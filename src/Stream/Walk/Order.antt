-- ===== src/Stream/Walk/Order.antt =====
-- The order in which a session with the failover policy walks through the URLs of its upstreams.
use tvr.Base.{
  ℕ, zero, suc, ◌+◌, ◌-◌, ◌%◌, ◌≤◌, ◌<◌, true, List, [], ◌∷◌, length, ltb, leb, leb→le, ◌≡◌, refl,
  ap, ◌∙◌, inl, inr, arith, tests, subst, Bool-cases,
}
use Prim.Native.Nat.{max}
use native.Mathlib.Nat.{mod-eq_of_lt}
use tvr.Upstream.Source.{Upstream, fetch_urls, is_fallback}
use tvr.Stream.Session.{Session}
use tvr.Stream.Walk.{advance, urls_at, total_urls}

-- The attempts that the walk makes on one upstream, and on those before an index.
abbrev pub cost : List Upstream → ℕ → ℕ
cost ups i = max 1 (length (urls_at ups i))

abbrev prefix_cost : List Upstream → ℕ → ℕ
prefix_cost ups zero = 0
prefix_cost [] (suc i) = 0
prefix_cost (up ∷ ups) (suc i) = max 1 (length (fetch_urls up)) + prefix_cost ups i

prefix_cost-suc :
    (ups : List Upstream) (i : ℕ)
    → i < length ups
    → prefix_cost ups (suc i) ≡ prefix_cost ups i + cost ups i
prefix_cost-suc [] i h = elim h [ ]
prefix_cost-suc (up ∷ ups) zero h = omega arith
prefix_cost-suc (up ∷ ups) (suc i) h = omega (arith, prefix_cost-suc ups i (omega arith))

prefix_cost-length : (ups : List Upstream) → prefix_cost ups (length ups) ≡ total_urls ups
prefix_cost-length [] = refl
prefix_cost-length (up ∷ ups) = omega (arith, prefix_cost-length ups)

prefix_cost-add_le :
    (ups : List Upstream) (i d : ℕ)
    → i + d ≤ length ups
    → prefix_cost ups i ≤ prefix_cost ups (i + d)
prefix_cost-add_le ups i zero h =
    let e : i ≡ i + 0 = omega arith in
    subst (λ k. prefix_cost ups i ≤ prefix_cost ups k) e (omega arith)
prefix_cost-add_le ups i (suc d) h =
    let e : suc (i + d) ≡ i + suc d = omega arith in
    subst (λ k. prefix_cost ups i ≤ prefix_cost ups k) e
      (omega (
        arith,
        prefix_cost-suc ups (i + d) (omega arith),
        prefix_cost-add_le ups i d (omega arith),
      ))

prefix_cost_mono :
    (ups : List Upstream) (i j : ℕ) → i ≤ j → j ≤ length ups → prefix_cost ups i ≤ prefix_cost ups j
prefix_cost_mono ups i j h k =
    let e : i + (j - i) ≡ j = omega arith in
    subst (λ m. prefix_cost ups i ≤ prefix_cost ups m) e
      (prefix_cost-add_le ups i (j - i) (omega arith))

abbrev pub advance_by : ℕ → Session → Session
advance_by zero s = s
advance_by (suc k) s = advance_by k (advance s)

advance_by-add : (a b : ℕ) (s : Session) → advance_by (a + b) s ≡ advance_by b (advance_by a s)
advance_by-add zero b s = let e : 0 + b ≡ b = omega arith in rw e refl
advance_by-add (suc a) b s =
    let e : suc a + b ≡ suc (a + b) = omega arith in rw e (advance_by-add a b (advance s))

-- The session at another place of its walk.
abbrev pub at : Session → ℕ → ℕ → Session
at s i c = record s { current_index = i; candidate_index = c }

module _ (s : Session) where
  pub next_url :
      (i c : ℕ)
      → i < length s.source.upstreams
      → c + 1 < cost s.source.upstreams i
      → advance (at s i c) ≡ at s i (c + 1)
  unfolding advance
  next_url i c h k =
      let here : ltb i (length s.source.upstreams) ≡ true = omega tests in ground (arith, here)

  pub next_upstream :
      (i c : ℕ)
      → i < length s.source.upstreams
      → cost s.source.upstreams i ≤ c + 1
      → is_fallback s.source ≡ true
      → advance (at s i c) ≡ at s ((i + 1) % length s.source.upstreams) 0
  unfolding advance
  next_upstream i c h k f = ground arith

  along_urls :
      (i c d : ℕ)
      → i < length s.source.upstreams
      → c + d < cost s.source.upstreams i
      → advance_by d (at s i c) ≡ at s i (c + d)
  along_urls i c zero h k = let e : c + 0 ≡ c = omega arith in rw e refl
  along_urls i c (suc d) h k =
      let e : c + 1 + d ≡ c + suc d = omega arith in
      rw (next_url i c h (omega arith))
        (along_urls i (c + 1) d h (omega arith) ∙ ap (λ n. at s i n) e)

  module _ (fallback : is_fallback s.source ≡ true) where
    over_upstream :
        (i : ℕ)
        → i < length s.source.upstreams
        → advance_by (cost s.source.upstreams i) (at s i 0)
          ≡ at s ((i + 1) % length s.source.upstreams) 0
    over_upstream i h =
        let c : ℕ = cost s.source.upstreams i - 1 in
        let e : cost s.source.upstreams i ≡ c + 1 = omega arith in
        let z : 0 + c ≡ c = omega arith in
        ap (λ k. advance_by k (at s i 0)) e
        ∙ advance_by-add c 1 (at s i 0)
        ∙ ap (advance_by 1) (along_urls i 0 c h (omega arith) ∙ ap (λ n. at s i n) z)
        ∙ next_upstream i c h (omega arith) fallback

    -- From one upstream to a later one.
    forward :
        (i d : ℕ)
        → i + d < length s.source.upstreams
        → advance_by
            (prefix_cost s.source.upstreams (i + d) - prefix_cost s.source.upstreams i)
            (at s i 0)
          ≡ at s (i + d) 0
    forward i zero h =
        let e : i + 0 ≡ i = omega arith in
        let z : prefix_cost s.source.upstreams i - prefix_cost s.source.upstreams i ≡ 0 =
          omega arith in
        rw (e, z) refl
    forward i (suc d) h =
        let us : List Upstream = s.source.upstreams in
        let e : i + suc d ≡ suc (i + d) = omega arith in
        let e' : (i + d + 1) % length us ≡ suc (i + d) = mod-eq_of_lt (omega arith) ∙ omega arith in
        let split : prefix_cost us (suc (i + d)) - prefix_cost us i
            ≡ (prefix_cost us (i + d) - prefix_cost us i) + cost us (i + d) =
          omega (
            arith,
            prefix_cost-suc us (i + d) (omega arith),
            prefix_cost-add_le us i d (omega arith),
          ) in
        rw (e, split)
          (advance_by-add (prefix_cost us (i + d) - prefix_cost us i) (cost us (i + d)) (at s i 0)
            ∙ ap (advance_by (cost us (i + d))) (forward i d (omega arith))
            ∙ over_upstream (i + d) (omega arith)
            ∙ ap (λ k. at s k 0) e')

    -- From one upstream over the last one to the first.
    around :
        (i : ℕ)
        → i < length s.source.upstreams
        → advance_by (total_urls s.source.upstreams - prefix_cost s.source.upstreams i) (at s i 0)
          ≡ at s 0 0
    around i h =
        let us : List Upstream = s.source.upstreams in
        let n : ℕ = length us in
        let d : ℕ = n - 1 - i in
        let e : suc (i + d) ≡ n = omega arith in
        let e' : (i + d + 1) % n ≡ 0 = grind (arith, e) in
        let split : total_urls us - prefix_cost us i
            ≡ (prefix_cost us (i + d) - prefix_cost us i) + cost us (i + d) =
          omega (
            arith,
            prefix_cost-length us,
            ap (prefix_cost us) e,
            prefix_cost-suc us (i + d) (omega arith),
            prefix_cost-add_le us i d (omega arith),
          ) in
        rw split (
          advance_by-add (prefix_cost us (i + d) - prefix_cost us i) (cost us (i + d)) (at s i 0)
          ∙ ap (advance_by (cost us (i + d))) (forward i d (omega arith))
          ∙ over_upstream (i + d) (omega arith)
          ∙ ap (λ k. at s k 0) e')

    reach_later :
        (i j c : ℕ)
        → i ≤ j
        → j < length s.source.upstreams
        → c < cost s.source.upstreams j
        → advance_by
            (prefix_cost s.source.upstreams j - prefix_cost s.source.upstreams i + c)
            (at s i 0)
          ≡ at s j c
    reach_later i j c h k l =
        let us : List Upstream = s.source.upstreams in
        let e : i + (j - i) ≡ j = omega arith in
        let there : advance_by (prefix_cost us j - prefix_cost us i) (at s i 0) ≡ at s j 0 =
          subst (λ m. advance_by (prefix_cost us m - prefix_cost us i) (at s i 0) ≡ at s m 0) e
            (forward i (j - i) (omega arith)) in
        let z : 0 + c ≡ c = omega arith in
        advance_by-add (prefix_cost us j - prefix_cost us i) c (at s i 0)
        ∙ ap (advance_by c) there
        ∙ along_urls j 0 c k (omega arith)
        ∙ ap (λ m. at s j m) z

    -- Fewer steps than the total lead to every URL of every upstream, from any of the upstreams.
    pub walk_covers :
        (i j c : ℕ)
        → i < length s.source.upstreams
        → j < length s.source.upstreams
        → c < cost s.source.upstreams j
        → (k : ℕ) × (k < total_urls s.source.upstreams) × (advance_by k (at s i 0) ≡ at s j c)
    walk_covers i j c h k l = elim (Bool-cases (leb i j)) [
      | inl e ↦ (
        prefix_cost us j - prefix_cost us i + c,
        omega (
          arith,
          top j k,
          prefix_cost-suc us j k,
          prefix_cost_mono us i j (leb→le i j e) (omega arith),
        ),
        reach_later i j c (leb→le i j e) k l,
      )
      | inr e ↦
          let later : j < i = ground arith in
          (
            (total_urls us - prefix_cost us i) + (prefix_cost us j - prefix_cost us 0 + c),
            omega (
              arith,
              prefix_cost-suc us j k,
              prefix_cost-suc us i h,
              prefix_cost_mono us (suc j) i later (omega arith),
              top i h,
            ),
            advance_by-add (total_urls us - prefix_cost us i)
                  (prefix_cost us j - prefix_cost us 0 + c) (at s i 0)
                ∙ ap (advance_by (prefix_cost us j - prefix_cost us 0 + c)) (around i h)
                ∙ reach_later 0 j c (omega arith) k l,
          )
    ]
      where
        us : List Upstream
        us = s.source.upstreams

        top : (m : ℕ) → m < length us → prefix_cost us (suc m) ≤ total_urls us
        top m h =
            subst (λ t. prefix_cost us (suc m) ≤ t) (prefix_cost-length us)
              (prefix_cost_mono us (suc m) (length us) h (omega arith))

__YOUR INSTRUCTIONS__. Begin with the line that has "abbrev pub at : Session → ℕ → ℕ → Session" in the listing above and end after the line that has "1 < cost s.source.upstreams i"; output those lines exactly.

__SOLVED PROBLEM__.
abbrev pub at : Session → ℕ → ℕ → Session
at s i c = record s { current_index = i; candidate_index = c }

module _ (s : Session) where
  pub next_url :
      (i c : ℕ)
      → i < length s.source.upstreams
      → c + 1 < cost s.source.upstreams i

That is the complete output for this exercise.